How the Plan Reaches the Durable Thread

The seam between the panel and the durable campaign engine is deliberately narrow, and it is the part that is already live. The campaign graph exposes a helper, seed_strategy_into_launch(seed, plan, max_touches=...), that folds a synthesized SequencePlan into a thread's launch seed. On a valid plan it sets cadence_days to the per-touch gap_days (each clamped to the 0–60 day range), enforces cadence[0] = 0 because touch 0 always sends immediately, and appends the strategy_summary (capped at 900 characters) into the seeded resume_context (itself capped at 2000 characters) so every drafted touch is grounded in the deliberated strategy. Unit tests pin this behavior: a valid plan reshapes the seed's cadence and grounds the summary, and a None or empty-touches plan returns the seed unchanged. The grounding path it folds into is already there. The engine's _build_post_text folds resume_context into the synthetic post_text that the email-composition graph drafts against. And _wake_at_for already reads cadence_days to schedule each cron resume. The plan does not introduce a new code path; it populates an existing one.

This matters because the campaign graph is unchanged at runtime. The panel only changes what is seeded at launch. The durable thread's nodes — check_reply, compose_touch, await_approval, send_touch, schedule_next — run byte-for-byte identically whether the plan came from the panel or from the static default. That is the fleet's reuse-over-rebuild discipline taken to its logical end: a genuinely new capability ships as one graph plus one already-tested seed function, not a rewrite of a system that already sends real email under human approval. Per the AA08 spec, the synthesized plan is persisted to a new D1 table, campaign_strategy_plans, keyed by campaign_id. It carries the confidence, agreement, and rationale, plus a source column that records panel or fallback. The downstream consumer of the seeded plan is the coach-worker layer described in Hierarchical Coach-Worker Agent Teams: the panel decides the strategy once, and the coach plan executes against it touch by touch rather than re-improvising each email.

Fail-Open: Launch Never Blocks

The entire pre-launch panel call sits behind a single feature flag, CAMPAIGN_STRATEGY_PANEL, default off. Unsetting it reverts launch to the current static-cadence seed with zero schema dependency on the new table — the rollback is one environment variable. When the flag is on but the panel fails — an LLM error, or the global LLM_KILL_SWITCH engaged — seed_strategy_into_launch returns the seed unchanged, launch falls back to the static _DEFAULT_CADENCE_DAYS, and the audit row records source='fallback'. The deliberation is never on the critical path. This is the same fail-open contract the campaign engine applies everywhere else: a failed index write, a transient D1 error, or a dead panel seat degrades gracefully and never aborts the durable run.
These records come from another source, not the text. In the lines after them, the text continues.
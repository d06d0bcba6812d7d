-- ===== src/Binding/Tests.antt =====
-- The theorems on web/src/components/instance/InstanceCFPanel.tsx at concrete panels.
use cloudflared_manager.Base.{
  ℕ, arith, refl, true, false, none, some, List, [], ◌∷◌, filter, Str, codes,
}
use cloudflared_manager.Api.Types.{PublicHostname, IngressRule, TunnelConfig, Binding}
use cloudflared_manager.Ingress.Origin.Tests.{whole_numbers}
use cloudflared_manager.Ingress.Rules.{fallback_rule, is_catch_all}
use cloudflared_manager.Ingress.Rules.Layout.{IsEditable, catch_all_of}
use cloudflared_manager.Ingress.Rules.Listing.{is_host}
use cloudflared_manager.Ingress.Rules.Edits.{IsEdit}
use cloudflared_manager.Binding.{CfPanel}
use cloudflared_manager.Binding.Panel.Order.{Saves, IsMoved, row_drop-IsEdit}

abbrev host_rule : Str → IngressRule
host_rule name = record {
  hostname = some name;
  service = some (codes "http://localhost:1");
  path = none;
  origin_request = none;
}

abbrev row : ℕ → Str → PublicHostname
row index name = record {
  index = index;
  hostname = name;
  service = codes "http://localhost:1";
  path = none;
  origin_request = none;
  dns = none;
}

abbrev bound_tunnel : Binding
bound_tunnel = record {
  bound = true;
  account_id = some (codes "acc");
  account_name = none;
  cf_account_id = none;
  tunnel_id = some (codes "tun");
  tunnel_name = none;
  account_tag = none;
  token_account_tag = none;
  token_tunnel_id = none;
  match = true;
  tunnel = none;
}

abbrev rules : List IngressRule
rules = host_rule (codes "a.example.com") ∷ host_rule (codes "b.example.com") ∷ fallback_rule ∷ []

abbrev config : TunnelConfig
config = record { ingress = some rules; origin_request = none; warp_routing = some true }

config-IsEditable : IsEditable (some config)
unfolding is_catch_all
config-IsEditable = record {
  hosts = host_rule (codes "a.example.com") ∷ host_rule (codes "b.example.com") ∷ [];
  tail = some fallback_rule;
  shape = refl;
  hosted = (refl, (refl, tt));
  caught = (refl, tt);
}

-- The panel of the tunnel while its first row is dragged.
abbrev dragging : List PublicHostname → CfPanel
dragging hostnames = record {
  id = codes "one";
  loading = false;
  refreshing = false;
  binding = some bound_tunnel;
  token = none;
  accounts = [];
  sel_account = [];
  sel_tunnel = [];
  is_binding = false;
  hostnames = hostnames;
  hostnames_loading = false;
  dns_error = [];
  modal_open = false;
  editing = none;
  drag = some 0;
  over = none;
  syncing = none;
  notices = [];
}

abbrev listed_rows : List PublicHostname
listed_rows = row 0 (codes "a.example.com") ∷ row 1 (codes "b.example.com") ∷ row 2 [] ∷ []

row_drop-IsEdit_example :
    (next : TunnelConfig) × (order : List IngressRule) × Saves whole_numbers
      (dragging listed_rows)
      bound_tunnel
      0
      1
      (some config)
      next
    × IsMoved 0 1 rules order
    × IsEdit (some config) next (filter is_host order) (catch_all_of config-IsEditable.tail)
row_drop-IsEdit_example =
    row_drop-IsEdit whole_numbers (dragging listed_rows) bound_tunnel 0 1 refl refl refl refl refl
      (omega arith) (omega arith) (some config) config-IsEditable refl
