-- ===== src/Configs/Page/Editing.antt =====
-- The editor of web/src/pages/Configs.tsx: a configuration that is opened and saved.
use mathlib.Core.Path.{ap₂}
use cloudflared_manager.Base.{
  ◌≡◌, refl, sym, ap, ◌∙◌, Bool, true, false, some, [], ◌∷◌, ◌++◌, append-nil, or_else, Str, codes,
  str_eq, is_empty, trim, Bool-cases, inl, inr,
}
use cloudflared_manager.Api.Types.{null, obj, Fields, end, field, MgrMeta, ConfigEnvelope}
use cloudflared_manager.Configs.Hint.{yaml_hint}
use cloudflared_manager.Configs.State.{get_config, put_config, Page, open_edit, loaded, save}
use cloudflared_manager.Configs.{Yaml, delete_field, config_to_yaml, shown_yaml, mapping_of}
use cloudflared_manager.Configs.Page.{meta_manual, on_loaded, on_save, handle, run}

-- What the page relies on of the YAML library: the comment above the text is no content, an empty text is
-- null, only the empty mapping is printed as empty braces, and what was printed is read again.
pub record IsYaml (yaml : Yaml) : Type 0 where
  pub parse_hint : (text : Str) → yaml.parse (yaml_hint ++ text) ≡ yaml.parse text
  pub parse_empty : yaml.parse [] ≡ some null
  pub stringify_braces :
      (o : Fields) (text : Str)
      → yaml.stringify o ≡ some text
      → str_eq (trim text) (codes "{}") ≡ true
      → o ≡ end
  pub parse-stringify :
      (o : Fields) (text : Str) → yaml.stringify o ≡ some text → yaml.parse text ≡ some (obj o)

delete_field_idempotent :
    (k : Str) (o : Fields) → delete_field k (delete_field k o) ≡ delete_field k o
unfolding delete_field
delete_field_idempotent k end = refl
delete_field_idempotent k (field j v o) = elim (Bool-cases (str_eq j k)) [
  | inl same ↦ rw same (delete_field_idempotent k o)
  | inr other ↦ rw (other, other) (ap (field j v) (delete_field_idempotent k o))
]

or_else_full : (s d : Str) → is_empty s ≡ false → or_else s d ≡ s
or_else_full [] d h = cc
or_else_full (c ∷ s) d h = refl

saved_request :
    (q : Page) (id : Str) (o : Fields)
    → q.editing ≡ some id
    → is_empty id ≡ false
    → q.form.token ≡ []
    → is_empty q.form.name ≡ false
    → (on_save (some o) q).1
      ≡ put_config id
          (delete_field (codes "token") o)
          (record { name = q.form.name; manual_start = q.form.manual_start })
        ∷ []
saved_request q id o editing named token name =
    simp (editing, token, named, or_else_full q.form.name id name)

module _ (yaml : Yaml) (laws : IsYaml yaml) where
  open laws use {parse_hint, parse_empty, stringify_braces, parse-stringify}

  mapping_of-shown_yaml :
      (o : Fields) (text : Str)
      → yaml.stringify o ≡ some text
      → mapping_of (yaml.parse (shown_yaml (some text))) ≡ some o
  mapping_of-shown_yaml o text printed = elim (Bool-cases (str_eq (trim text) (codes "{}"))) [
    | inl bare ↦ rw (bare, parse_empty) (ap some (sym (stringify_braces o text printed bare)))
    | inr full ↦ rw (full, parse-stringify o text printed)
  ]

  -- The editor's text stands for the configuration that was loaded, without its token.
  mapping_of-config_to_yaml :
      (config : Fields) (text : Str)
      → yaml.stringify (delete_field (codes "token") config) ≡ some text
      → mapping_of (yaml.parse (yaml_hint ++ config_to_yaml yaml config))
        ≡ some (delete_field (codes "token") config)
  unfolding config_to_yaml
  mapping_of-config_to_yaml config text printed =
      rw (parse_hint, printed)
        (mapping_of-shown_yaml (delete_field (codes "token") config) text printed)

  -- A configuration that arrives is saved, as it is but for its token, under the id that is being edited.
  loaded-save :
      (p : Page) (id : Str) (env : ConfigEnvelope) (config : Fields) (meta : MgrMeta) (text : Str)
      → p.editing ≡ some id
      → is_empty id ≡ false
      → env.config ≡ some config
      → env.cfdmgr ≡ some meta
      → is_empty meta.name ≡ false
      → yaml.stringify (delete_field (codes "token") config) ≡ some text
      → (run yaml (loaded (some env) ∷ save ∷ []) p).1
        ≡ put_config id (delete_field (codes "token") config) meta ∷ []
  unfolding run handle
  loaded-save p id env config meta text editing named c m n printed =
      let q = on_loaded yaml (some env) p in
      let parsed : mapping_of (yaml.parse q.yaml_text)
          ≡ some (delete_field (codes "token") config) =
        rw c (mapping_of-config_to_yaml config text printed) in
      let name : q.form.name ≡ meta.name = rw m (or_else_full meta.name _ n) in
      ap (λ o. (on_save o q).1 ++ []) parsed
      ∙ append-nil _
      ∙ saved_request q id (delete_field (codes "token") config) editing named refl
          (ap is_empty name ∙ n)
      ∙ ap₂ (λ (c : Fields) (m : MgrMeta). put_config id c m ∷ [])
          (delete_field_idempotent (codes "token") config)
          (ap₂ (λ (n : Str) (b : Bool). record { name = n; manual_start = b }) name
            (ap meta_manual m))

  -- An instance that is opened in the editor and saved as it is keeps its configuration, sent
  -- without the token under the instance's id, name and start mode, if id and name are not empty,
  -- the YAML library prints the configuration and `IsYaml` holds of it.
  pub open_edit-save :
      (p : Page) (id : Str) (env : ConfigEnvelope) (config : Fields) (meta : MgrMeta) (text : Str)
      → is_empty id ≡ false
      → env.config ≡ some config
      → env.cfdmgr ≡ some meta
      → is_empty meta.name ≡ false
      → yaml.stringify (delete_field (codes "token") config) ≡ some text
      → (run yaml (open_edit id ∷ loaded (some env) ∷ save ∷ []) p).1
        ≡ get_config id ∷ put_config id (delete_field (codes "token") config) meta ∷ []
  unfolding run handle
  open_edit-save p id env config meta text named c m n printed =
      ap (λ rs. get_config id ∷ rs)
        (loaded-save (record p { editing = some id }) id env config meta text refl named c m n
          printed)

  -- Where a second instance is opened before the first one's configuration has arrived, and arrives
  -- before it, a save sends the first one's configuration and name under the second one's id, under
  -- the conditions of `open_edit-save`.
  pub open_edit_overtaken :
      (p : Page) (first second : Str) (env other : ConfigEnvelope) (config : Fields)
      (meta : MgrMeta) (text : Str)
      → is_empty second ≡ false
      → env.config ≡ some config
      → env.cfdmgr ≡ some meta
      → is_empty meta.name ≡ false
      → yaml.stringify (delete_field (codes "token") config) ≡ some text
      → (run yaml
          (open_edit first ∷ open_edit second ∷ loaded (some other) ∷ loaded (some env) ∷ save ∷ [])
          p).1
        ≡ get_config first
          ∷ get_config second
          ∷ put_config second (delete_field (codes "token") config) meta
          ∷ []
  unfolding run handle
  open_edit_overtaken p first second env other config meta text named c m n printed =
      ap (λ rs. get_config first ∷ get_config second ∷ rs)
        (loaded-save (on_loaded yaml (some other) (record p { editing = some second })) second env
          config meta text refl named c m n printed)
A campaign that could not be deliberated still launches; it simply launches on the old static drip, and the fallback row makes that visible rather than silent.
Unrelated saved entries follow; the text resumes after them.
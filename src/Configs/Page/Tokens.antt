-- ===== src/Configs/Page/Tokens.antt =====
-- The tokens that web/src/pages/Configs.tsx sends over any sequence of signals.
use cloudflared_manager.Base.{
  ◌≡◌, refl, sym, ap, ◌∙◌, ◌⊎◌, inl, inr, true, false, ◌||◌, Option, none, some, List, [], ◌∷◌, map,
  Str, codes, str_eq, is_empty, All, All-append, Bool-cases, Option-cases, if_intro,
}
use cloudflared_manager.Api.Types.{str, Fields, end, field, Snapshot, MgrMeta}
use cloudflared_manager.Api.Json.{lookup, lookup-put_same}
use cloudflared_manager.Token.{extract_cloudflared_token}
use cloudflared_manager.Configs.{Yaml, delete_field, mapping_of, reordered}
use cloudflared_manager.Configs.State.{
  Page, Request, get_status, put_config, post_config, EditForm, Signal, mount, poll, config_changed,
  open_create, cancel, save, duplicate_clicked, cancel_duplicate, drag_end, toggle_list,
  state_event, deleted_event, listed, status_of, clicked, answered, delete_clicked, delete_answered,
  open_edit, loaded, edit_form, edit_yaml, save_answered, open_duplicate, set_dup_new,
  duplicate_answered, set_active, drag_start, drag_over, row_drop, reorder_answered,
}
use cloudflared_manager.Configs.Page.{
  with_token, save_request, on_save, on_drop, on_state, on_deleted, on_drag_over, on_duplicate,
  meta_of, handle, run, state_of,
}

lookup-delete_field : (k : Str) (o : Fields) → lookup k (delete_field k o) ≡ none
unfolding lookup delete_field
lookup-delete_field k end = refl
lookup-delete_field k (field j v o) = elim (Bool-cases (str_eq j k)) [
  | inl same ↦ rw same (lookup-delete_field k o)
  | inr other ↦ rw (other, other) (lookup-delete_field k o)
]

-- The tokens that were put into the form.
abbrev pub typed : List Signal → List Str
typed [] = []
typed (edit_form form ∷ signals) = form.token ∷ typed signals
typed (_ ∷ signals) = typed signals

module _ (P : Str → Type 0) where
  -- The configuration has no token, or what is extracted of a text of which `P` holds.
  abbrev pub HasToken : Fields → Type 0
  HasToken config =
      (lookup (codes "token") config ≡ none)
      ⊎ ((text : Str) × (is_empty text ≡ false)
          × (lookup (codes "token") config ≡ some (str (extract_cloudflared_token text)))
          × P text)

  abbrev pub SendsToken : Request → Type 0
  SendsToken (put_config id config meta) = HasToken config
  SendsToken (post_config id config meta) = HasToken config
  SendsToken _ = Unit

  abbrev IsHeld : Page → Type 0
  IsHeld p = (p.form.token ≡ []) ⊎ P p.form.token

  abbrev Keeps : Page × List Request → Type 0
  Keeps out = IsHeld out.0 × All SendsToken out.1

  with_token-HasToken :
      (token : Str) (parsed : Fields) → (token ≡ []) ⊎ P token → HasToken (with_token token parsed)
  with_token-HasToken token parsed h =
      if_intro HasToken (is_empty token) _ _ (λ e. inl (lookup-delete_field (codes "token") parsed))
        (λ e. inr (
          token,
          e,
          lookup-put_same (codes "token") _ (delete_field (codes "token") parsed),
          elim h [
            | inl gone ↦ let clash : true ≡ false = ap is_empty (sym gone) ∙ e in cc
            | inr fine ↦ fine
          ],
        ))

  save_request-SendsToken :
      (editing : Option Str) (form : EditForm) (config : Fields) (meta : MgrMeta)
      → HasToken config
      → SendsToken (save_request editing form config meta)
  save_request-SendsToken none form config meta h = h
  save_request-SendsToken (some id) form config meta h =
      if_intro SendsToken (is_empty id) _ _ (λ e. h) (λ e. h)

  on_save-Keeps : (parsed : Option Fields) (p : Page) → IsHeld p → Keeps (on_save parsed p)
  on_save-Keeps none p h = (h, tt)
  on_save-Keeps (some parsed) p h = (
    h,
    (
      save_request-SendsToken p.editing p.form _ (meta_of p)
          (with_token-HasToken p.form.token parsed h),
      tt,
    ),
  )

  statuses-SendsToken :
      (configs : List Snapshot) → All SendsToken (map (λ (c : Snapshot). get_status c.id) configs)
  statuses-SendsToken [] = tt
  statuses-SendsToken (c ∷ configs) = (tt, statuses-SendsToken configs)

  on_drop-Keeps :
      (source : Option Str) (target : Str) (p : Page) → IsHeld p → Keeps (on_drop source target p)
  on_drop-Keeps none target p h = (h, tt)
  on_drop-Keeps (some src) target p h =
      if_intro Keeps (is_empty src || str_eq src target) (p, []) _ (λ e. (h, tt))
        (λ e. elim (Option-cases (reordered src target p.configs)) [
          | inl none_moved ↦ rw none_moved (h, tt)
          | inr (next, moved) ↦ rw moved (h, (tt, tt))
        ])

  on_duplicate-Keeps : (p : Page) → IsHeld p → Keeps (on_duplicate p)
  on_duplicate-Keeps p h = if_intro Keeps _ (_, _) (_, _) (λ e. (h, tt)) (λ e. (h, (tt, tt)))

  on_state-IsHeld :
      (id : Option Str) (state : Str) (p : Page) → IsHeld p → IsHeld (on_state id state p)
  on_state-IsHeld none state p h = h
  on_state-IsHeld (some id) state p h =
      if_intro IsHeld (is_empty id || is_empty state) _ _ (λ e. h) (λ e. h)

  on_deleted-IsHeld : (id : Option Str) (p : Page) → IsHeld p → IsHeld (on_deleted id p)
  on_deleted-IsHeld none p h = h
  on_deleted-IsHeld (some id) p h = if_intro IsHeld (is_empty id) _ _ (λ e. h) (λ e. h)

  on_drag_over-IsHeld :
      (source : Option Str) (id : Str) (p : Page) → IsHeld p → IsHeld (on_drag_over source id p)
  on_drag_over-IsHeld none id p h = h
  on_drag_over-IsHeld (some src) id p h = h

  handle-Keeps :
      (yaml : Yaml) (s : Signal) (p : Page)
      → IsHeld p
      → All P (typed (s ∷ []))
      → Keeps (handle yaml s p)
  unfolding handle
  handle-Keeps yaml mount p h k = (h, (tt, tt))
  handle-Keeps yaml poll p h k = (h, statuses-SendsToken p.configs)
  handle-Keeps yaml config_changed p h k = (h, (tt, tt))
  handle-Keeps yaml (state_event id payload) p h k = (on_state-IsHeld id (state_of payload) p h, tt)
  handle-Keeps yaml (deleted_event id) p h k = (on_deleted-IsHeld id p h, tt)
  handle-Keeps yaml (listed captured none) p h k = (h, tt)
  handle-Keeps yaml (listed captured (some items)) p h k = (h, tt)
  handle-Keeps yaml (status_of id none) p h k = (h, tt)
  handle-Keeps yaml (status_of id (some snap)) p h k = (h, tt)
  handle-Keeps yaml (clicked what id) p h k = (h, (tt, tt))
  handle-Keeps yaml (answered what id done) p h k = (h, (tt, tt))
  handle-Keeps yaml (delete_clicked id) p h k = (h, (tt, tt))
  handle-Keeps yaml (delete_answered id captured true) p h k = (h, tt)
  handle-Keeps yaml (delete_answered id captured false) p h k = (h, tt)
  handle-Keeps yaml open_create p h k = (inl refl, tt)
  handle-Keeps yaml (open_edit id) p h k = (h, (tt, tt))
  handle-Keeps yaml (loaded none) p h k = (h, tt)
  handle-Keeps yaml (loaded (some env)) p h k = (inl refl, tt)
  handle-Keeps yaml (edit_form form) p h (good, k) = (inr good, tt)
  handle-Keeps yaml (edit_yaml text) p h k = (h, tt)
  handle-Keeps yaml cancel p h k = (h, tt)
  handle-Keeps yaml save p h k = on_save-Keeps (mapping_of (yaml.parse p.yaml_text)) p h
  handle-Keeps yaml (save_answered editing new_id captured false) p h k = (h, tt)
  handle-Keeps yaml (save_answered none new_id captured true) p h k = (h, (tt, tt))
  handle-Keeps yaml (save_answered (some id) new_id captured true) p h k =
      (if_intro IsHeld (is_empty id) _ _ (λ e. h) (λ e. h), (tt, tt))
  handle-Keeps yaml (open_duplicate id) p h k = (h, tt)
  handle-Keeps yaml (set_dup_new id) p h k = (h, tt)
  handle-Keeps yaml duplicate_clicked p h k = on_duplicate-Keeps p h
  handle-Keeps yaml (duplicate_answered captured true) p h k = (h, (tt, tt))
  handle-Keeps yaml (duplicate_answered captured false) p h k = (h, tt)
  handle-Keeps yaml cancel_duplicate p h k = (h, tt)
  handle-Keeps yaml (set_active id) p h k = (h, tt)
  handle-Keeps yaml (drag_start id) p h k = (h, tt)
  handle-Keeps yaml (drag_over id) p h k = (on_drag_over-IsHeld p.drag id p h, tt)
  handle-Keeps yaml drag_end p h k = (h, tt)
  handle-Keeps yaml (row_drop target) p h k =
      on_drop-Keeps p.drag target (record p { drag = none; over = none }) h
  handle-Keeps yaml (reorder_answered captured true) p h k = (h, tt)
  handle-Keeps yaml (reorder_answered captured false) p h k = (h, (tt, tt))
  handle-Keeps yaml toggle_list p h k = (h, tt)

  typed-cons :
      (s : Signal) (signals : List Signal)
      → All P (typed (s ∷ signals))
      → All P (typed (s ∷ [])) × All P (typed signals)
  typed-cons (edit_form form) signals (good, k) = ((good, tt), k)
  typed-cons s signals k = (tt, k)

  run-Keeps :
      (yaml : Yaml) (signals : List Signal) (p : Page)
      → IsHeld p
      → All P (typed signals)
      → Keeps (run yaml signals p)
  unfolding run
  run-Keeps yaml [] p h k = (h, tt)
  run-Keeps yaml (s ∷ signals) p h k =
      let (here, later) = typed-cons s signals k in
      let (h1, first) = handle-Keeps yaml s p h here in
      let (h2, others) = run-Keeps yaml signals (handle yaml s p).0 h1 later in
      (h2, All-append SendsToken (handle yaml s p).1 _ first others)

  -- Over any signals, from a page with no token in its form, each configuration that is sent has no token,
  -- whatever the YAML says, or what is extracted of a text that is not empty and was put into the token
  -- field: what holds of all of those holds of it.
  pub run-SendsToken :
      (yaml : Yaml) (signals : List Signal) (p : Page)
      → p.form.token ≡ []
      → All P (typed signals)
      → All SendsToken (run yaml signals p).1
  run-SendsToken yaml signals p blank k = (run-Keeps yaml signals p (inl blank) k).1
This fail-open posture is itself paper-grounded, and the connection is worth drawing out explicitly:

  1. The fleet's judge-panel lineage includes Towards Effective Offensive Security LLM Agents (arXiv:2508.05674). Its CTFJudge contribution is an LLM-as-judge plus partial-correctness aggregation scheme. That synthesize step scores partial successes against a competency index rather than demanding all-or-nothing agreement. The paper also studies how temperature and token limits shift agent decisions. The campaign panel's synthesize node inherits exactly that tolerance. A plan where some seats disagree on a single touch's angle still yields a usable sequence, with the disagreement recorded as lowered agreement rather than a hard failure. Robustness over brittleness is the design rule. The cost of a missing deliberation — an old-style static drip — is far lower than the cost of a blocked launch, and the source='fallback' audit row keeps the degraded path honest rather than silent.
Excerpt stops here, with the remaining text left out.